» **Work to be completed**
Output only the lines of the entries that follow, starting at the one with "(x ∷ before, behind)" and running down to the one with "is_printed (String.◌∷◌ c", both included and unchanged.

» **Data records**
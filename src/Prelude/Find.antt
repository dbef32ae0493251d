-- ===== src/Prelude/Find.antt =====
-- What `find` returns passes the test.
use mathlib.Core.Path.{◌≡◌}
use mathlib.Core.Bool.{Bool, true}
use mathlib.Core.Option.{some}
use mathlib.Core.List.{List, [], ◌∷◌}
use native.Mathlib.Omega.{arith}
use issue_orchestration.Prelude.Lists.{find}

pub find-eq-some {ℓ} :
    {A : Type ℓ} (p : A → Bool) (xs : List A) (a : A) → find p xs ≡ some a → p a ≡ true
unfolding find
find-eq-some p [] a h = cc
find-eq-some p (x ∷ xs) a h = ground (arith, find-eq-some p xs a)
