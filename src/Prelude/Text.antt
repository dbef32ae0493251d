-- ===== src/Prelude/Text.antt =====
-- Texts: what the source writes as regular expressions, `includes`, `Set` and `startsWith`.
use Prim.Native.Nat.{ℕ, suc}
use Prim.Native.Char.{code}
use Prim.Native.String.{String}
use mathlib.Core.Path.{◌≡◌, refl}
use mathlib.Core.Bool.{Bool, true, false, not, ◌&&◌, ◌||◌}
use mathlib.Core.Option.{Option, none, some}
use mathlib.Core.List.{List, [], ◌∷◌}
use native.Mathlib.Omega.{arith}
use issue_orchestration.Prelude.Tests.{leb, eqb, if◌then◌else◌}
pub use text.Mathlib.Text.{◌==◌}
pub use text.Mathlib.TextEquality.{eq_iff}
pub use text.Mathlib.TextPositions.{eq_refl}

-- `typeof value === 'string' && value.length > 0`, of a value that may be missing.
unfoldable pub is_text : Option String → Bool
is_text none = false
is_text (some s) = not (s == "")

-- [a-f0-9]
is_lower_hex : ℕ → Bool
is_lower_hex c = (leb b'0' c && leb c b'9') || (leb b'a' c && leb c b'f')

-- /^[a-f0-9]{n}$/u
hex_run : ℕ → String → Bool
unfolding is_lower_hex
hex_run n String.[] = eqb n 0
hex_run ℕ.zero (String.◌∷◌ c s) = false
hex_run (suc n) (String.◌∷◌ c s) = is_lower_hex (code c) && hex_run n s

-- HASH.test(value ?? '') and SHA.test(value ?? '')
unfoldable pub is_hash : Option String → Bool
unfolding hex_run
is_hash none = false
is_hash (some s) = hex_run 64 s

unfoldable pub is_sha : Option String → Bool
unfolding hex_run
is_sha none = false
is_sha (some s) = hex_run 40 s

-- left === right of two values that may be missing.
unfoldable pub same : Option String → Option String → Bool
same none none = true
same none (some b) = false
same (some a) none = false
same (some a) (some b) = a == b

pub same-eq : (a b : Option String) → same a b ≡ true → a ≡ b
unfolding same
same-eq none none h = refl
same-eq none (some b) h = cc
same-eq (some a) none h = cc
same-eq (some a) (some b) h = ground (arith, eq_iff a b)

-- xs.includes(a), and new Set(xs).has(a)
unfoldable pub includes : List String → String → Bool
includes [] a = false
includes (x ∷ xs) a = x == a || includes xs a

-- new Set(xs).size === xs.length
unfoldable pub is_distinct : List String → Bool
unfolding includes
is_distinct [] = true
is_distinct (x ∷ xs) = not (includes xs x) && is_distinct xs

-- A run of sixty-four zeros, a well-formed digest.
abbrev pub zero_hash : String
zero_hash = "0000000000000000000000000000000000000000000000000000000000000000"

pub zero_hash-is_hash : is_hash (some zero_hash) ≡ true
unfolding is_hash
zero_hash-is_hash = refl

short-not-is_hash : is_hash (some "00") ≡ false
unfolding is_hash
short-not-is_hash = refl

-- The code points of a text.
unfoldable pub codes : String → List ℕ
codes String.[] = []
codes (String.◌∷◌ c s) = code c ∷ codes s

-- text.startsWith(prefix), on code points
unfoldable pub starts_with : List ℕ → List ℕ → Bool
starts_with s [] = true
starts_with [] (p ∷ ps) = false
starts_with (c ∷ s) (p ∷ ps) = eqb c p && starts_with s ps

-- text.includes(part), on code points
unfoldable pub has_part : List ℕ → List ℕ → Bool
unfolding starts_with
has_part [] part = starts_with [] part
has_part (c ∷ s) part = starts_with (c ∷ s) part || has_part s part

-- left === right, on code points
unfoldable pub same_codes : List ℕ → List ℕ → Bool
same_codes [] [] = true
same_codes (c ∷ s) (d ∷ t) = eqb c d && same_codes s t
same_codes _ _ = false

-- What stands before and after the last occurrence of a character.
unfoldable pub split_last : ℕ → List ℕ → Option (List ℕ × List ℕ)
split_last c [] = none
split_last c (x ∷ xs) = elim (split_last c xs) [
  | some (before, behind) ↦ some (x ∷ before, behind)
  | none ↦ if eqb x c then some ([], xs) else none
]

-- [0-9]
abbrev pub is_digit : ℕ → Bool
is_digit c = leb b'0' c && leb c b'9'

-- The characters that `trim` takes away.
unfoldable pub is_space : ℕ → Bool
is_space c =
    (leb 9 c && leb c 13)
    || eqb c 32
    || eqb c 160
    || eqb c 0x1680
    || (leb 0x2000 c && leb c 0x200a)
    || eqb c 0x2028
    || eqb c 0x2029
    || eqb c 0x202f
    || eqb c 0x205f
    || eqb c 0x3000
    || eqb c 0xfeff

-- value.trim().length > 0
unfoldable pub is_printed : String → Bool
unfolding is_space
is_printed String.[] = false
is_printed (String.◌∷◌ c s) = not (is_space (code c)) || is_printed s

==

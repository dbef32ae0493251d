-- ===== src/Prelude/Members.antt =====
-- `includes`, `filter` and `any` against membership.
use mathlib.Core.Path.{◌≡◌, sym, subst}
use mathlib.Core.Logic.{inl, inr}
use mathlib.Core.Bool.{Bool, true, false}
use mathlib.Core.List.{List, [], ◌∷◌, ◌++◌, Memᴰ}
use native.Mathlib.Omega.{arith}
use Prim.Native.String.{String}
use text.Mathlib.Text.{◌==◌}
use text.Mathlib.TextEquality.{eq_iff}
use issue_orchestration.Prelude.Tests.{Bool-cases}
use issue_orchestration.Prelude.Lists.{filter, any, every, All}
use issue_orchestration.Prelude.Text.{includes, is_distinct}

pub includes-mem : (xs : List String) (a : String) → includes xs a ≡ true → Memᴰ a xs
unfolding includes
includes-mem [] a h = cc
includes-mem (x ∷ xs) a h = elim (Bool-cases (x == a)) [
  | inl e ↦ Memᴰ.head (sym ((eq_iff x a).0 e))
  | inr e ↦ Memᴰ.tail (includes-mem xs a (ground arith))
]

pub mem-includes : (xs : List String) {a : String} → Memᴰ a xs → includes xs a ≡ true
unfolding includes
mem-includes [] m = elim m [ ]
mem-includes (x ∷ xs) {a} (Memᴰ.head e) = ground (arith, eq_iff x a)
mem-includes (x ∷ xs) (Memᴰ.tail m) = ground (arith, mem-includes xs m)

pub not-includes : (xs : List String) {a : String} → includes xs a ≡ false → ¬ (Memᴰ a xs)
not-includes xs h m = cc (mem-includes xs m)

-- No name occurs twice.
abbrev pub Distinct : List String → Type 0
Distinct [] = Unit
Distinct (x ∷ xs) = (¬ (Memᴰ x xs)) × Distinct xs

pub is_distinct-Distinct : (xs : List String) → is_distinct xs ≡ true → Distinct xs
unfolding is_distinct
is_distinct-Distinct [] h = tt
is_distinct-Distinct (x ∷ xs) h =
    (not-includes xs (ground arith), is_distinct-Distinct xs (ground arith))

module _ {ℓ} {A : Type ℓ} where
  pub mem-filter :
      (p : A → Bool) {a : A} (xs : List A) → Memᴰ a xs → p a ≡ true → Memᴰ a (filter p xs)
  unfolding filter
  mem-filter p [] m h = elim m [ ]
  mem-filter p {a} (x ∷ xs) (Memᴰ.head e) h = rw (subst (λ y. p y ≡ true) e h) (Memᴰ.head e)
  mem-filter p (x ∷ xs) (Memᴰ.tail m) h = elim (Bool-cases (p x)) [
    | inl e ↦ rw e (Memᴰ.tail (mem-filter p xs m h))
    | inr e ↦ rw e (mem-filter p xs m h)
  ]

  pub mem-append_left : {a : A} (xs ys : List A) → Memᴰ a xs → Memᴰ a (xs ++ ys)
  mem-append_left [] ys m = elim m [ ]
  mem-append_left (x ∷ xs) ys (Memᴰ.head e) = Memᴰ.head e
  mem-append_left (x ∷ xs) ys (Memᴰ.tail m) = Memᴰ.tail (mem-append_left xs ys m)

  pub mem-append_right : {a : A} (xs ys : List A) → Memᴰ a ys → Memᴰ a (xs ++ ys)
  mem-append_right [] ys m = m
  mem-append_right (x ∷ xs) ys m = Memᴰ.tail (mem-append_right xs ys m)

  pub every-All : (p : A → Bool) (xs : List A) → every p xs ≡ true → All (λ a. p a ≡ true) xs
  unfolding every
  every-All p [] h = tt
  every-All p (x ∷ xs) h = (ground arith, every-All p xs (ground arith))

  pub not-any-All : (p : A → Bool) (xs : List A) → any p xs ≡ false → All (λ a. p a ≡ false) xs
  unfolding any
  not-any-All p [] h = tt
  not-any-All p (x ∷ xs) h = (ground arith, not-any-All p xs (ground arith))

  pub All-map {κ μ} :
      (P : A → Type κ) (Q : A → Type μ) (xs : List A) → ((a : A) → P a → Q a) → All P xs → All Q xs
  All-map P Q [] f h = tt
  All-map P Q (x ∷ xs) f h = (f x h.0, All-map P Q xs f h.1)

--

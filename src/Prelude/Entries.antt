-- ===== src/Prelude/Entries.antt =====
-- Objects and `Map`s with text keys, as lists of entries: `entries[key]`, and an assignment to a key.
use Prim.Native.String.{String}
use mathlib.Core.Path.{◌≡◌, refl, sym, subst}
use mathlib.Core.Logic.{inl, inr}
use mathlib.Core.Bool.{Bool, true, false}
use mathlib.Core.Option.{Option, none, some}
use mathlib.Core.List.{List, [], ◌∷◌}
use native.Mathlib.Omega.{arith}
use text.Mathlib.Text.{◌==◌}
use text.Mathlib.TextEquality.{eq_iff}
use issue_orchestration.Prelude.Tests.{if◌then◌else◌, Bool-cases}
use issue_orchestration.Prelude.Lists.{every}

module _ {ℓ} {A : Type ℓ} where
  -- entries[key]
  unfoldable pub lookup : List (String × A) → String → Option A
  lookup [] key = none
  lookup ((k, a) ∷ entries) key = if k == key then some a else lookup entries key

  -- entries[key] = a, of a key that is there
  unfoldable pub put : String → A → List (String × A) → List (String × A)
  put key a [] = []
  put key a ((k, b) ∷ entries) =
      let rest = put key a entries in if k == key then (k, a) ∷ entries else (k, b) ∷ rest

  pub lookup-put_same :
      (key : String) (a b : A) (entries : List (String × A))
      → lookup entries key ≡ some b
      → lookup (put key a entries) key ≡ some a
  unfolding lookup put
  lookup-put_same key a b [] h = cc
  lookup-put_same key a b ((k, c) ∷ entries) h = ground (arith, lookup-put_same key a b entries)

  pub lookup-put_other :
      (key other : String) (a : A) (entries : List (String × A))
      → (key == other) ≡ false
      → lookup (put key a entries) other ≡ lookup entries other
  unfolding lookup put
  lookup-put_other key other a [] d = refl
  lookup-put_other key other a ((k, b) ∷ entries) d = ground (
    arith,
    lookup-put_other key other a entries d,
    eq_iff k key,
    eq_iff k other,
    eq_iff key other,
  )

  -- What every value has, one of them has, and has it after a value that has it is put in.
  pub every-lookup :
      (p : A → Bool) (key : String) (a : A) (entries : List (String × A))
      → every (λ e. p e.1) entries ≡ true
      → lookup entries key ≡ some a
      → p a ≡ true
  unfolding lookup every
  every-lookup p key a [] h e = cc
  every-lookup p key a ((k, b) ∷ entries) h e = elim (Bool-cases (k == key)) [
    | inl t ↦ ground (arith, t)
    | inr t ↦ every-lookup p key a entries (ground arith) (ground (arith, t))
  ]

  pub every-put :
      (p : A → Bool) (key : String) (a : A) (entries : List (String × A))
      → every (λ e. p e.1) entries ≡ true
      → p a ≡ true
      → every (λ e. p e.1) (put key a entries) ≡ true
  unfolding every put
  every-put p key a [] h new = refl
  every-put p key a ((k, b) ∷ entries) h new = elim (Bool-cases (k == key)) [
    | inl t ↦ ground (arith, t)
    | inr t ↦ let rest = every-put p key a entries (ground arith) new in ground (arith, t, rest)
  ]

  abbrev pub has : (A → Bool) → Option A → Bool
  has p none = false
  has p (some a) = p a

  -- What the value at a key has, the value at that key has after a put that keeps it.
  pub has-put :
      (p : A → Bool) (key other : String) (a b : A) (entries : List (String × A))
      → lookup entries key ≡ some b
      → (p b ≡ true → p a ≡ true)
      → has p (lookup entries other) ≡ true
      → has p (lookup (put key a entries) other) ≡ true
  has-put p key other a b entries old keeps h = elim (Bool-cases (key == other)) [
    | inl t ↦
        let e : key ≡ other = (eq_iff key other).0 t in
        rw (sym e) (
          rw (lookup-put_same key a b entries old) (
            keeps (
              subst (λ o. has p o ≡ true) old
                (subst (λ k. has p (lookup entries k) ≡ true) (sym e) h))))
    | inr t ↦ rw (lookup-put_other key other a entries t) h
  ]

» **Reply**
  | some (before, behind) ↦ some (x ∷ before, behind)
  | none ↦ if eqb x c then some ([], xs) else none
]

-- [0-9]
abbrev pub is_digit : ℕ → Bool
is_digit c = leb b'0' c && leb c b'9'

-- The characters that `trim` takes away.
unfoldable pub is_space : ℕ → Bool
is_space c =
    (leb 9 c && leb c 13)
    || eqb c 32
    || eqb c 160
    || eqb c 0x1680
    || (leb 0x2000 c && leb c 0x200a)
    || eqb c 0x2028
    || eqb c 0x2029
    || eqb c 0x202f
    || eqb c 0x205f
    || eqb c 0x3000
    || eqb c 0xfeff

-- value.trim().length > 0
unfoldable pub is_printed : String → Bool
unfolding is_space
is_printed String.[] = false
is_printed (String.◌∷◌ c s) = not (is_space (code c)) || is_printed s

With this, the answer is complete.